◆ **Prompt**
Could you copy each line of the listing below that has the word "slide"?

○ ○ ○ ○ ○

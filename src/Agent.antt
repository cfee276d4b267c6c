-- ===== src/Agent.antt =====
-- The agent that runs on the device: agent/src.
pub mod Auth
pub mod ChargePolicy
pub mod Lan
pub mod Router
pub mod UciTransaction
pub mod Validate
pub mod CsvUtils
pub mod Cache
pub mod EventBus
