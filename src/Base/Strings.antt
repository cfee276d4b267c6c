-- ===== src/Base/Strings.antt =====
-- Rust strings as lists of bytes, compared byte by byte, and maps with such keys.
-- A `HashMap` is a list of entries; the code never depends on their order.
use mu5250_open_ui.Base.Tests.{◌==◌, Bool-cases, if◌then◌else◌}
use Prim.Native.Nat.{ℕ}
use mathlib.Core.Path.{◌≡◌, refl}
use mathlib.Core.Logic.{◌↔◌, inl, inr}
use mathlib.Core.Bool.{Bool, true, false, ◌&&◌}
use mathlib.Core.Option.{Option, none, some}
use mathlib.Core.List.{List, [], ◌∷◌}
use native.Mathlib.Omega.{arith}

unfoldable pub str_eq : List ℕ → List ℕ → Bool
str_eq [] [] = true
str_eq [] (y ∷ ys) = false
str_eq (x ∷ xs) [] = false
str_eq (x ∷ xs) (y ∷ ys) = x == y && str_eq xs ys

pub str_eq_iff : (xs ys : List ℕ) → (str_eq xs ys ≡ true) ↔ (xs ≡ ys)
unfolding str_eq
str_eq_iff [] [] = ((λ _. refl), λ _. refl)
str_eq_iff [] (y ∷ ys) = ((λ h. cc), λ h. cc)
str_eq_iff (x ∷ xs) [] = ((λ h. cc), λ h. cc)
str_eq_iff (x ∷ xs) (y ∷ ys) =
    ((λ h. ground (arith, str_eq_iff xs ys)), λ h. ground (arith, str_eq_iff xs ys))

pub str_eq_self : (xs : List ℕ) → str_eq xs xs ≡ true
str_eq_self xs = (str_eq_iff xs xs).1 refl

module _ {ℓ} {V : Type ℓ} where
  unfoldable pub lookup : List ℕ → List (List ℕ × V) → Option V
  lookup k [] = none
  lookup k ((j, v) ∷ m) = if str_eq j k then some v else lookup k m

  unfoldable pub remove : List ℕ → List (List ℕ × V) → List (List ℕ × V)
  remove k [] = []
  remove k ((j, v) ∷ m) = let rest = remove k m in if str_eq j k then rest else (j, v) ∷ rest

  -- `map.retain(|_, v| p(v))`
  unfoldable pub retain : (V → Bool) → List (List ℕ × V) → List (List ℕ × V)
  retain p [] = []
  retain p ((j, v) ∷ m) = let rest = retain p m in if p v then (j, v) ∷ rest else rest

  unfoldable pub insert : List ℕ → V → List (List ℕ × V) → List (List ℕ × V)
  insert k v m = (k, v) ∷ remove k m

  pub lookup-remove :
      (k j : List ℕ) (m : List (List ℕ × V))
      → lookup j (remove k m) ≡ (if str_eq k j then none else lookup j m)
  unfolding lookup remove
  lookup-remove k j [] = ground arith
  lookup-remove k j ((i, v) ∷ m) =
      ground (arith, lookup-remove k j m, str_eq_iff i k, str_eq_iff i j, str_eq_iff k j)

  pub lookup-insert :
      (k j : List ℕ) (v : V) (m : List (List ℕ × V))
      → lookup j (insert k v m) ≡ (if str_eq k j then some v else lookup j m)
  unfolding lookup insert
  lookup-insert k j v m = ground (arith, lookup-remove k j m)

  -- Each key occurs once, as in a map.
  abbrev pub IsMap : List (List ℕ × V) → Type ℓ
  IsMap [] = Unit
  IsMap ((k, v) ∷ m) = (lookup k m ≡ none) × IsMap m

  -- What a predicate on the values leaves of a looked-up value.
  abbrev pub keep : (V → Bool) → Option V → Option V
  keep p none = none
  keep p (some v) = if p v then some v else none

  pub lookup-retain :
      (p : V → Bool) (k : List ℕ) (m : List (List ℕ × V))
      → IsMap m
      → lookup k (retain p m) ≡ keep p (lookup k m)
  unfolding lookup retain
  lookup-retain p k [] h = refl
  lookup-retain p k ((j, v) ∷ m) h = ground (arith, lookup-retain p k m h.1, str_eq_iff j k)

  pub remove-IsMap : (k : List ℕ) (m : List (List ℕ × V)) → IsMap m → IsMap (remove k m)
  unfolding remove
  remove-IsMap k [] h = h
  remove-IsMap k ((j, v) ∷ m) h = elim (Bool-cases (str_eq j k)) [
    | inl e ↦ rw e (remove-IsMap k m h.1)
    | inr e ↦ rw e (removed, remove-IsMap k m h.1)
  ]
    where
      removed : lookup j (remove k m) ≡ none
      removed = ground (arith, lookup-remove k j m, h.0)

  pub retain-IsMap : (p : V → Bool) (m : List (List ℕ × V)) → IsMap m → IsMap (retain p m)
  unfolding retain
  retain-IsMap p [] h = h
  retain-IsMap p ((j, v) ∷ m) h = elim (Bool-cases (p v)) [
    | inl e ↦ rw e (ground (arith, lookup-retain p j m h.1, h.0), retain-IsMap p m h.1)
    | inr e ↦ rw e (retain-IsMap p m h.1)
  ]

  pub insert-IsMap : (k : List ℕ) (v : V) (m : List (List ℕ × V)) → IsMap m → IsMap (insert k v m)
  unfolding insert
  insert-IsMap k v m h = (ground (arith, lookup-remove k k m, str_eq_self k), remove-IsMap k m h)
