-- ===== src/Agent/Auth.antt =====
-- agent/src/auth.rs: logins against salted hashes, lockout by client address, and sliding sessions.
-- Each method returns the new state. The clocks and the random bytes are arguments: `epoch` is
-- `epoch_secs()`, `instant` is `Instant::now()` in nanoseconds, `random` is what /dev/urandom gave.
-- SHA-256 comes from a crate and is a parameter. The methods are modelled as they run one at a time.
mod Attempts
mod Lockout
mod Sessions
mod Invariant
mod Tests
use mu5250_open_ui.Base.{
  ℕ, zero, suc, ◌+◌, ◌-◌, ◌*◌, ◌/◌, ◌%◌, ◌^◌, Bool, true, false, not, ◌&&◌, ◌||◌, Option, none,
  some, List, [], ◌∷◌, ◌++◌, length, take, bit_and, ltb, leb, ◌==◌, if◌then◌else◌,
}
use mu5250_open_ui.Base.Strings.{str_eq, lookup, remove, retain, insert}

abbrev pub token_ttl : ℕ
token_ttl = 3600 * 1_000_000_000

abbrev pub max_tokens : ℕ
max_tokens = 10

abbrev pub hash_iterations : ℕ
hash_iterations = 10_000

abbrev pub max_login_attempts : ℕ
max_login_attempts = 5

abbrev pub login_lockout_secs : ℕ
login_lockout_secs = 30

abbrev pub login_attempt_ttl_secs : ℕ
login_attempt_ttl_secs = 3600

pub data CredentialKind : Type 0 where
  password pin : CredentialKind

pub record Token : Type 0 where
  pub value : List ℕ
  pub expires : ℕ
  pub kind : CredentialKind

pub record LoginAttempt : Type 0 where
  pub count : ℕ
  pub locked_until : ℕ
  pub last_attempt : ℕ

pub record AuthState : Type 0 where
  pub password_hash : Option (List ℕ)
  pub pin_hash : Option (List ℕ)
  pub salt : List ℕ
  pub tokens : List Token
  pub failed_logins : List (List ℕ × LoginAttempt)

pub data LoginResult : Type 0 where
  ok : List ℕ → LoginResult
  invalid : LoginResult
  locked : ℕ → LoginResult

-- The characters of `LUT`.
unfoldable pub hex_digit : ℕ → ℕ
hex_digit n = if ltb n 10 then b'0' + n else b'a' + (n - 10)

unfoldable pub hex_encode : List ℕ → List ℕ
unfolding hex_digit
hex_encode [] = []
hex_encode (b ∷ bytes) = hex_digit (b / 16) ∷ hex_digit (bit_and b 0x0f) ∷ hex_encode bytes

unfoldable pub all_digits : List ℕ → Bool
all_digits [] = true
all_digits (b ∷ bs) = (leb b'0' b && leb b b'9') && all_digits bs

-- `Ok` is true. The length of a `&str` is its number of bytes.
unfoldable pub validate_pin : List ℕ → Bool
unfolding all_digits
validate_pin credential = length credential == 6 && all_digits credential

-- `u64::to_le_bytes`
unfoldable pub le_bytes : ℕ → ℕ → List ℕ
le_bytes zero n = []
le_bytes (suc count) n = n % 256 ∷ le_bytes count (n / 256)

-- `tokens.retain(|t| t.expires > now)`
unfoldable pub live_tokens : ℕ → List Token → List Token
live_tokens now [] = []
live_tokens now (t ∷ ts) =
    let rest = live_tokens now ts in if ltb now t.expires then t ∷ rest else rest

-- `tokens.remove(0)`
abbrev pub remove_first : List Token → List Token
remove_first [] = []
remove_first (t ∷ ts) = ts

unfoldable pub push_token : ℕ → Token → List Token → List Token
push_token now t tokens =
    let live = live_tokens now tokens in
    let room = if leb max_tokens (length live) then remove_first live else live in room ++ (t ∷ [])

-- `u64` and `u32` sums keep their low bits.
abbrev pub add_u64 : ℕ → ℕ → ℕ
add_u64 a b = (a + b) % 2 ^ 64

-- The rows that `record_failed_login` keeps: still locked, or a failure within the last hour.
unfoldable pub is_recent : ℕ → LoginAttempt → Bool
is_recent now a = ltb now a.locked_until || ltb (now - a.last_attempt) login_attempt_ttl_secs

abbrev pub or_new : ℕ → Option LoginAttempt → LoginAttempt
or_new now none = record { count = 0; locked_until = 0; last_attempt = now }
or_new now (some a) = a

unfoldable pub failed : ℕ → LoginAttempt → LoginAttempt
failed now entry =
    let count = (entry.count + 1) % 2 ^ 32 in
    record {
      count = count;
      last_attempt = now;
      locked_until =
          if leb max_login_attempts count
          then add_u64 now login_lockout_secs
          else entry.locked_until;
    }

unfoldable pub record_failed_login : List ℕ → ℕ → AuthState → AuthState
record_failed_login ip now s =
    let attempts = retain (is_recent now) s.failed_logins in
    record s { failed_logins = insert ip (failed now (or_new now (lookup ip attempts))) attempts }

abbrev pub clear_failures : List ℕ → AuthState → AuthState
clear_failures ip s = record s { failed_logins = remove ip s.failed_logins }

-- The first block of `login_against`: the rest of a lockout, or the state in which to go on.
pub data Gate : Type 0 where
  refused : ℕ → Gate
  passed : AuthState → Gate

unfoldable pub lockout_gate : List ℕ → ℕ → AuthState → Gate
lockout_gate ip now s = elim (lookup ip s.failed_logins) [
  | none ↦ passed s
  | some attempt ↦
      if leb max_login_attempts attempt.count
      then (if ltb now attempt.locked_until
          then refused (attempt.locked_until - now)
          else passed (clear_failures ip s))
      else passed s
]

-- `stored.as_deref() == Some(&hash)`
unfoldable pub is_stored : Option (List ℕ) → List ℕ → Bool
is_stored none hash = false
is_stored (some h) hash = str_eq h hash

-- What one login reads from outside: the clocks and the random bytes.
pub record Outside : Type 0 where
  pub epoch : ℕ
  pub instant : ℕ
  pub random : List ℕ

module _ (sha256 : List ℕ → List ℕ) where
  unfoldable pub hash_loop : ℕ → List ℕ → List ℕ → List ℕ
  hash_loop zero salt digest = digest
  hash_loop (suc n) salt digest = hash_loop n salt (sha256 (salt ++ digest))

  pub iterated_hash : List ℕ → List ℕ → List ℕ
  iterated_hash salt credential =
      hex_encode (hash_loop (hash_iterations - 1) salt (sha256 (salt ++ credential)))

  -- The session token: 16 bytes of a digest over the random bytes, the hash and the time.
  pub new_token : Outside → List ℕ → List ℕ
  new_token o hash = hex_encode (take 16 (sha256 ((o.random ++ hash) ++ le_bytes 8 o.epoch)))

  unfoldable pub login_gate :
      Outside
      → List ℕ
      → Option (List ℕ)
      → List ℕ
      → CredentialKind
      → Gate
      → AuthState
      → AuthState × LoginResult
  login_gate o credential stored ip kind (refused secs) s = (s, locked secs)
  login_gate o credential stored ip kind (passed s') s =
      let hash = iterated_hash s'.salt credential in
      if not (is_stored stored hash)
      then (record_failed_login ip o.epoch s', invalid)
      else let token = new_token o hash in
        let t : Token = record { value = token; expires = o.instant + token_ttl; kind = kind } in
        (
          record s' {
            failed_logins = remove ip s'.failed_logins;
            tokens = push_token o.instant t s'.tokens;
          },
          ok token,
        )

  unfoldable pub login_against :
      Outside
      → List ℕ
      → Option (List ℕ)
      → List ℕ
      → CredentialKind
      → AuthState
      → AuthState × LoginResult
  login_against o credential stored ip kind s =
      login_gate o credential stored ip kind (lockout_gate ip o.epoch s) s

  unfoldable pub login_password : Outside → List ℕ → List ℕ → AuthState → AuthState × LoginResult
  login_password o credential ip s = login_against o credential s.password_hash ip password s

  unfoldable pub login_pin : Outside → List ℕ → List ℕ → AuthState → AuthState × LoginResult
  login_pin o credential ip s =
      if not (validate_pin credential)
      then (record_failed_login ip o.epoch s, invalid)
      else login_against o credential s.pin_hash ip pin s

  unfoldable pub set_password : List ℕ → AuthState → AuthState
  set_password credential s = record s { password_hash = some (iterated_hash s.salt credential) }

  -- `Err` is the unchanged state and false.
  unfoldable pub set_pin : List ℕ → AuthState → AuthState × Bool
  set_pin credential s =
      if validate_pin credential
      then (record s { pin_hash = some (iterated_hash s.salt credential) }, true)
      else (s, false)

-- `iter_mut().find(..)`, and the new expiry of the token found.
unfoldable pub slide : List ℕ → ℕ → List Token → List Token × Option CredentialKind
slide value expires [] = ([], none)
slide value expires (t ∷ ts) =
    let (ts', found) = slide value expires ts in
    if str_eq t.value value
    then (record t { expires = expires } ∷ ts, some t.kind)
    else (t ∷ ts', found)

unfoldable pub validate : ℕ → List ℕ → AuthState → AuthState × Option CredentialKind
validate now value s =
    let (tokens, found) = slide value (now + token_ttl) (live_tokens now s.tokens) in
    (record s { tokens = tokens }, found)
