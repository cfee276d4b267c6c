-- ===== src/Agent/Auth/Attempts.antt =====
-- The rows of failed logins: what a failed login and the gate before a login do to them.
use mu5250_open_ui.Base.{
  ℕ, suc, ◌+◌, ◌-◌, ◌^◌, ◌≤◌, ◌<◌, ◌≡◌, ◌≢◌, ◌⊎◌, ◌∙◌, Bool, true, Option, none, some, List, arith,
  ltb, leb, if◌then◌else◌, Bool-cases, Option-cases, inl, inr,
}
use mu5250_open_ui.Base.Strings.{
  str_eq_self, str_eq_iff, lookup, retain, IsMap, insert-IsMap, retain-IsMap, lookup-insert,
  lookup-retain, keep,
}
use mu5250_open_ui.Agent.Auth.{
  AuthState, LoginAttempt, refused, passed, lockout_gate, record_failed_login, failed, is_recent,
  or_new, clear_failures,
}

abbrev pub attempts_of : List ℕ → AuthState → Option LoginAttempt
attempts_of ip s = lookup ip s.failed_logins

-- What `record_failed_login` writes in a client's row.
pub lookup-record_failed_login :
    (ip : List ℕ) (now : ℕ) (s : AuthState)
    → IsMap s.failed_logins
    → attempts_of ip (record_failed_login ip now s)
      ≡ some (failed now (or_new now (keep (is_recent now) (attempts_of ip s))))
unfolding record_failed_login
lookup-record_failed_login ip now s m =
    lookup-insert ip ip _ (retain (is_recent now) s.failed_logins)
    ∙ rw (str_eq_self ip, lookup-retain (is_recent now) ip s.failed_logins m)

-- A failed login of one client leaves the rows of the others, but for those that have lapsed.
pub lookup-record_failed_login_ne :
    (ip other : List ℕ) (now : ℕ) (s : AuthState)
    → IsMap s.failed_logins
    → ip ≢ other
    → attempts_of other (record_failed_login ip now s) ≡ keep (is_recent now) (attempts_of other s)
unfolding record_failed_login
lookup-record_failed_login_ne ip other now s m ne =
    lookup-insert ip other _ (retain (is_recent now) s.failed_logins)
    ∙ rw (lookup-retain (is_recent now) other s.failed_logins m)
        (ground (arith, str_eq_iff ip other))

-- A client with `count` failures, the last at `last`, and locked out once they are five.
pub record HasFailed (ip : List ℕ) (count last : ℕ) (s : AuthState) : Type 0 where
  pub is_map : IsMap s.failed_logins
  pub row : LoginAttempt
  pub stored : attempts_of ip s ≡ some row
  pub counted : row.count ≡ count
  pub at : row.last_attempt ≡ last
  pub until : 5 ≤ count → row.locked_until ≡ last + 30

pub failed_row :
    (now count last : ℕ) (row : LoginAttempt)
    → row.count ≡ count
    → count < 5
    → now + 30 < 2 ^ 64
    → ((failed now row).count ≡ suc count)
      × ((failed now row).last_attempt ≡ now)
      × (5 ≤ suc count → (failed now row).locked_until ≡ now + 30)
unfolding failed
failed_row now count last row c h fits = ground arith

pub record_failed_login-HasFailed :
    (ip : List ℕ) (now count last : ℕ) (s : AuthState)
    → HasFailed ip count last s
    → count < 5
    → now - last < 3600
    → now + 30 < 2 ^ 64
    → HasFailed ip (suc count) now (record_failed_login ip now s)
record_failed_login-HasFailed ip now count last s h lt recent fits =
    let (counted, at, until) = failed_row now count last h.row h.counted lt fits in
    record {
      is_map =
          unfold record_failed_login in
          insert-IsMap ip _ _ (retain-IsMap (is_recent now) s.failed_logins h.is_map);
      row = failed now h.row;
      stored =
          lookup-record_failed_login ip now s h.is_map
          ∙ rw h.stored (kept (is_recent now h.row) row_recent);
      counted = counted;
      at = at;
      until = until;
    }
  where
    row_recent : is_recent now h.row ≡ true
    row_recent = unfold is_recent in ground (arith, h.at)

    kept :
        (b : Bool)
        → b ≡ true
        → some (failed now (or_new now (if b then some h.row else none))) ≡ some (failed now h.row)
    kept b e = rw e

-- The gate refuses, lets the state through, or lets it through without the lapsed row.
pub gate-cases :
    (ip : List ℕ) (now : ℕ) (s : AuthState)
    → ((n : ℕ) × (lockout_gate ip now s ≡ refused n))
      ⊎ ((lockout_gate ip now s ≡ passed s)
          ⊎ (lockout_gate ip now s ≡ passed (clear_failures ip s)))
unfolding lockout_gate
gate-cases ip now s = elim (Option-cases (attempts_of ip s)) [
  | inl e ↦ inr (inl (rw (e, lockout_gate)))
  | inr (a, e) ↦ elim (Bool-cases (leb 5 a.count)) [
    | inr few ↦ inr (inl (rw (e, lockout_gate) (rw few)))
    | inl many ↦ elim (Bool-cases (ltb now a.locked_until)) [
      | inl early ↦ inl (a.locked_until - now, rw (e, lockout_gate) (rw (many, early)))
      | inr late ↦ inr (inr (rw (e, lockout_gate) (rw (many, late))))
    ]
  ]
]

○ ○ ○ ○ ○

◆ **Task result**
unfoldable pub slide : List ℕ → ℕ → List Token → List Token × Option CredentialKind
slide value expires [] = ([], none)
slide value expires (t ∷ ts) =
    let (ts', found) = slide value expires ts in
    let (tokens, found) = slide value (now + token_ttl) (live_tokens now s.tokens) in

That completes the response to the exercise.